--- Available data Enclosed Below ---
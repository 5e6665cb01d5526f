-- ===== src/PerfGate/Laws.antt =====
-- What the report of tools/perf/perf_gate.py says of the measurements.
pub mod Pairs
pub mod Exit
mod Tests
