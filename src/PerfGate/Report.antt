-- ===== src/PerfGate/Report.antt =====
-- tools/perf/perf_gate.py, `main`: the classification of a cell, the flag and the exit status.
use text.Mathlib.Text.{◌==◌ as str_eq}
use antfarm.Prelude.{
  ℕ, Bool, true, false, not, ◌&&◌, ◌||◌, List, [], ◌∷◌, ◌++◌, Option, none, some, ltb,
  if◌then◌else◌, length, String, map,
}
use antfarm.PerfGate.Floats.{Floats}
use antfarm.PerfGate.Campaign.{Pair, Cell, Runs, measured, failed, measure_cell}

pub data Decision : Type 0 where
  insufficient regression pass inconclusive inconclusive_work : Decision

abbrev pub is_insufficient : Decision → Bool
is_insufficient insufficient = true
is_insufficient _ = false

abbrev pub is_pass : Decision → Bool
is_pass pass = true
is_pass _ = false

pub record CellName : Type 0 where
  pub consumers : ℕ
  pub mode : String
  pub percent : ℕ

module _ {ℓ} {A : Type ℓ} where
  -- The loops over modes and percentages inside that over profiles.
  abbrev concat : List (List A) → List A
  concat [] = []
  concat (xs ∷ xss) = xs ++ concat xss

-- for consumers in profiles: for mode in modes: for percent in ...
unfoldable pub cell_names : List ℕ → List String → List ℕ → List CellName
cell_names profiles modes percents = concat (
    map
      (λ c. concat (
        map
          (λ m.
            map (λ p. record { consumers = c; mode = m; percent = p })
              (if str_eq m "subset" then percents else 100 ∷ []))
          modes))
      profiles)

module _ (N : Floats) where
  pub record Gate : Type 0 where
    pub repeats : ℕ
    pub max_attempts : ℕ
    pub threshold : N.F
    pub cancel_fraction_tolerance : N.F

  -- [c/b-1 for b,c in zip(bs,cs)]
  unfoldable pub paired_ratios : List (Pair N) → List N.F
  paired_ratios [] = []
  paired_ratios (p ∷ ps) =
      N.sub (N.div p.candidate_row.rate p.base_row.rate) N.one_f ∷ paired_ratios ps

  unfoldable pub classify : Gate → List (Pair N) → Decision
  unfolding paired_ratios
  classify g [] = insufficient
  classify g (p ∷ ps) =
      let ratios = paired_ratios (p ∷ ps) in
      if ltb (length (p ∷ ps)) g.repeats
      then insufficient
      else if N.lt (N.boot_high ratios) g.threshold
      then regression
      else if N.lt g.threshold (N.boot_low ratios)
      then pass
      else inconclusive

  -- [float(x['fields']['dispatched_fraction']) for x in rows]; `none` stands for the exception.
  unfoldable pub fractions : List (Option N.F) → Option (List N.F)
  fractions [] = some []
  fractions (none ∷ xs) = none
  fractions (some x ∷ xs) = elim (fractions xs) [ none ↦ none | some r ↦ some (x ∷ r) ]

  -- all(0<=x<=1 for x in xs)
  unfoldable pub all_in_unit : List N.F → Bool
  all_in_unit [] = true
  all_in_unit (x ∷ xs) = not (N.lt x N.zero_f) && not (N.lt N.one_f x) && all_in_unit xs

  -- The decision after the `try` block of a tree-cancel cell with pairs.
  unfoldable pub check_fractions : Gate → List (Pair N) → Decision → Decision
  unfolding fractions all_in_unit
  check_fractions g ps d = elim (fractions (map (λ p. p.base_row.dispatched_fraction) ps)) [
    | none ↦ inconclusive_work
    | some bf ↦ elim (fractions (map (λ p. p.candidate_row.dispatched_fraction) ps)) [
      | none ↦ inconclusive_work
      | some cf ↦
          if all_in_unit (bf ++ cf)
          then if N.lt g.cancel_fraction_tolerance (N.abs (N.sub (N.median cf) (N.median bf)))
            then inconclusive_work
            else d
          else inconclusive_work
    ]
  ]

  -- if mode=='tree-cancel' and pairs
  unfoldable pub cell_decision : Gate → String → List (Pair N) → Decision
  unfolding classify check_fractions
  cell_decision g mode [] = classify g []
  cell_decision g mode (p ∷ ps) =
      if str_eq mode "tree-cancel"
      then check_fractions g (p ∷ ps) (classify g (p ∷ ps))
      else classify g (p ∷ ps)

  -- item['flagged']; a cell with no pair has neither span nor median.
  unfoldable pub is_flagged : Gate → List (Pair N) → Decision → Bool
  unfolding paired_ratios
  is_flagged g [] d = not (is_pass d)
  is_flagged g (p ∷ ps) d =
      let ratios = paired_ratios (p ∷ ps) in
      not (is_pass d)
      || N.lt (N.twice (N.abs g.threshold)) (N.sub (N.greatest ratios) (N.least ratios))
      || N.lt (N.median ratios) (N.half g.threshold)

  pub record Item : Type 0 where
    pub cell : CellName
    pub kept : List (Pair N)
    pub tried : List (Pair N)
    pub decision : Decision
    pub flagged : Bool

  unfoldable pub report_cell : Gate → CellName → Cell N → Item
  unfolding cell_decision is_flagged
  report_cell g n s =
      let d = cell_decision g n.mode s.pairs in
      record {
        cell = n;
        kept = s.pairs;
        tried = s.attempts;
        decision = d;
        flagged = is_flagged g s.pairs d;
      }

  -- `runs` gives the rows of each cell; `none` is the early return of an invalid row.
  unfoldable pub run_cells : Gate → (CellName → Runs N) → List CellName → Option (List Item)
  run_cells g runs [] = some []
  run_cells g runs (n ∷ ns) = elim (measure_cell N (runs n) g.repeats g.max_attempts) [
    | failed ↦ none
    | measured s ↦ elim (run_cells g runs ns) [
      | none ↦ none
      | some is ↦ some (report_cell g n s ∷ is)
    ]
  ]

  -- any(x['decision']=='insufficient' for x in summary)
  unfoldable pub some_insufficient : List Item → Bool
  some_insufficient [] = false
  some_insufficient (i ∷ is) = is_insufficient i.decision || some_insufficient is

  -- The exit status of a report: `none` is the early return, `missing` the modes that a build lacks.
  unfoldable pub exit_of : List String → Option (List Item) → ℕ
  unfolding some_insufficient
  exit_of missing none = 2
  exit_of [] (some is) = if some_insufficient is then 2 else 0
  exit_of (m ∷ ms) (some is) = 2

  unfoldable pub exit_status : Gate → (CellName → Runs N) → List String → List CellName → ℕ
  exit_status g runs missing ns = exit_of missing (run_cells g runs ns)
--- End of Enclosed Available data ---
◆ Description of the task:
Your task is to give the records above again, exactly.

◆ Your response:
repository 5e6665cb01d5526f
-- ===== src/PerfGate/Laws.antt =====
-- What the report of tools/perf/perf_gate.py says of the measurements.
pub mod Pairs
pub mod Exit
mod Tests
filename src/PerfGate/Report.antt
-- ===== src/PerfGate/Report.antt =====
-- tools/perf/perf_gate.py, `main`: the classification of a cell, the flag and the exit status.
use text.Mathlib.Text.{◌==◌ as str_eq}
use antfarm.Prelude.{
  ℕ, Bool, true, false, not, ◌&&◌, ◌||◌, List, [], ◌∷◌, ◌++◌, Option, none, some, ltb,
  if◌then◌else◌, length, String, map,
}
use antfarm.PerfGate.Floats.{Floats}
use antfarm.PerfGate.Campaign.{Pair, Cell, Runs, measured, failed, measure_cell}

pub data Decision : Type 0 where
  insufficient regression pass inconclusive inconclusive_work : Decision

abbrev pub is_insufficient : Decision → Bool
is_insufficient insufficient = true
is_insufficient _ = false

abbrev pub is_pass : Decision → Bool
is_pass pass = true
is_pass _ = false

pub record CellName : Type 0 where
  pub consumers : ℕ
  pub mode : String
  pub percent : ℕ

module _ {ℓ} {A : Type ℓ} where
  -- The loops over modes and percentages inside that over profiles.
  abbrev concat : List (List A) → List A
  concat [] = []
  concat (xs ∷ xss) = xs ++ concat xss

-- for consumers in profiles: for mode in modes: for percent in ...
unfoldable pub cell_names : List ℕ → List String → List ℕ → List CellName
cell_names profiles modes percents = concat (
    map
      (λ c. concat (
        map
          (λ m.
            map (λ p. record { consumers = c; mode = m; percent = p })
              (if str_eq m "subset" then percents else 100 ∷ []))
          modes))
      profiles)

module _ (N : Floats) where
  pub record Gate : Type 0 where
    pub repeats : ℕ
    pub max_attempts : ℕ
    pub threshold : N.F
    pub cancel_fraction_tolerance : N.F

  -- [c/b-1 for b,c in zip(bs,cs)]
  unfoldable pub paired_ratios : List (Pair N) → List N.F
  paired_ratios [] = []
  paired_ratios (p ∷ ps) =
      N.sub (N.div p.candidate_row.rate p.base_row.rate) N.one_f ∷ paired_ratios ps

  unfoldable pub classify : Gate → List (Pair N) → Decision
  unfolding paired_ratios
  classify g [] = insufficient
  classify g (p ∷ ps) =
      let ratios = paired_ratios (p ∷ ps) in
      if ltb (length (p ∷ ps)) g.repeats
      then insufficient
      else if N.lt (N.boot_high ratios) g.threshold
      then regression
      else if N.lt g.threshold (N.boot_low ratios)
      then pass
      else inconclusive

  -- [float(x['fields']['dispatched_fraction']) for x in rows]; `none` stands for the exception.
  unfoldable pub fractions : List (Option N.F) → Option (List N.F)
  fractions [] = some []
  fractions (none ∷ xs) = none
  fractions (some x ∷ xs) = elim (fractions xs) [ none ↦ none | some r ↦ some (x ∷ r) ]

  -- all(0<=x<=1 for x in xs)
  unfoldable pub all_in_unit : List N.F → Bool
  all_in_unit [] = true
  all_in_unit (x ∷ xs) = not (N.lt x N.zero_f) && not (N.lt N.one_f x) && all_in_unit xs

  -- The decision after the `try` block of a tree-cancel cell with pairs.
  unfoldable pub check_fractions : Gate → List (Pair N) → Decision → Decision
  unfolding fractions all_in_unit
  check_fractions g ps d = elim (fractions (map (λ p. p.base_row.dispatched_fraction) ps)) [
    | none ↦ inconclusive_work
    | some bf ↦ elim (fractions (map (λ p. p.candidate_row.dispatched_fraction) ps)) [
      | none ↦ inconclusive_work
      | some cf ↦
          if all_in_unit (bf ++ cf)
          then if N.lt g.cancel_fraction_tolerance (N.abs (N.sub (N.median cf) (N.median bf)))
            then inconclusive_work
            else d
          else inconclusive_work
    ]
  ]

  -- if mode=='tree-cancel' and pairs
  unfoldable pub cell_decision : Gate → String → List (Pair N) → Decision
  unfolding classify check_fractions
  cell_decision g mode [] = classify g []
  cell_decision g mode (p ∷ ps) =
      if str_eq mode "tree-cancel"
      then check_fractions g (p ∷ ps) (classify g (p ∷ ps))
      else classify g (p ∷ ps)

  -- item['flagged']; a cell with no pair has neither span nor median.
  unfoldable pub is_flagged : Gate → List (Pair N) → Decision → Bool
  unfolding paired_ratios
  is_flagged g [] d = not (is_pass d)
  is_flagged g (p ∷ ps) d =
      let ratios = paired_ratios (p ∷ ps) in
      not (is_pass d)
      || N.lt (N.twice (N.abs g.threshold)) (N.sub (N.greatest ratios) (N.least ratios))
      || N.lt (N.median ratios) (N.half g.threshold)

  pub record Item : Type 0 where
    pub cell : CellName
    pub kept : List (Pair N)
    pub tried : List (Pair N)
    pub decision : Decision
    pub flagged : Bool

  unfoldable pub report_cell : Gate → CellName → Cell N → Item
  unfolding cell_decision is_flagged
  report_cell g n s =
      let d = cell_decision g n.mode s.pairs in
      record {
        cell = n;
        kept = s.pairs;
        tried = s.attempts;
        decision = d;
        flagged = is_flagged g s.pairs d;
      }

  -- `runs` gives the rows of each cell; `none` is the early return of an invalid row.
  unfoldable pub run_cells : Gate → (CellName → Runs N) → List CellName → Option (List Item)
  run_cells g runs [] = some []
  run_cells g runs (n ∷ ns) = elim (measure_cell N (runs n) g.repeats g.max_attempts) [
    | failed ↦ none
    | measured s ↦ elim (run_cells g runs ns) [
      | none ↦ none
      | some is ↦ some (report_cell g n s ∷ is)
    ]
  ]

  -- any(x['decision']=='insufficient' for x in summary)
  unfoldable pub some_insufficient : List Item → Bool
  some_insufficient [] = false
  some_insufficient (i ∷ is) = is_insufficient i.decision || some_insufficient is

  -- The exit status of a report: `none` is the early return, `missing` the modes that a build lacks.
  unfoldable pub exit_of : List String → Option (List Item) → ℕ
  unfolding some_insufficient
  exit_of missing none = 2
  exit_of [] (some is) = if some_insufficient is then 2 else 0
  exit_of (m ∷ ms) (some is) = 2

  unfoldable pub exit_status : Gate → (CellName → Runs N) → List String → List CellName → ℕ
  exit_status g runs missing ns = exit_of missing (run_cells g runs ns)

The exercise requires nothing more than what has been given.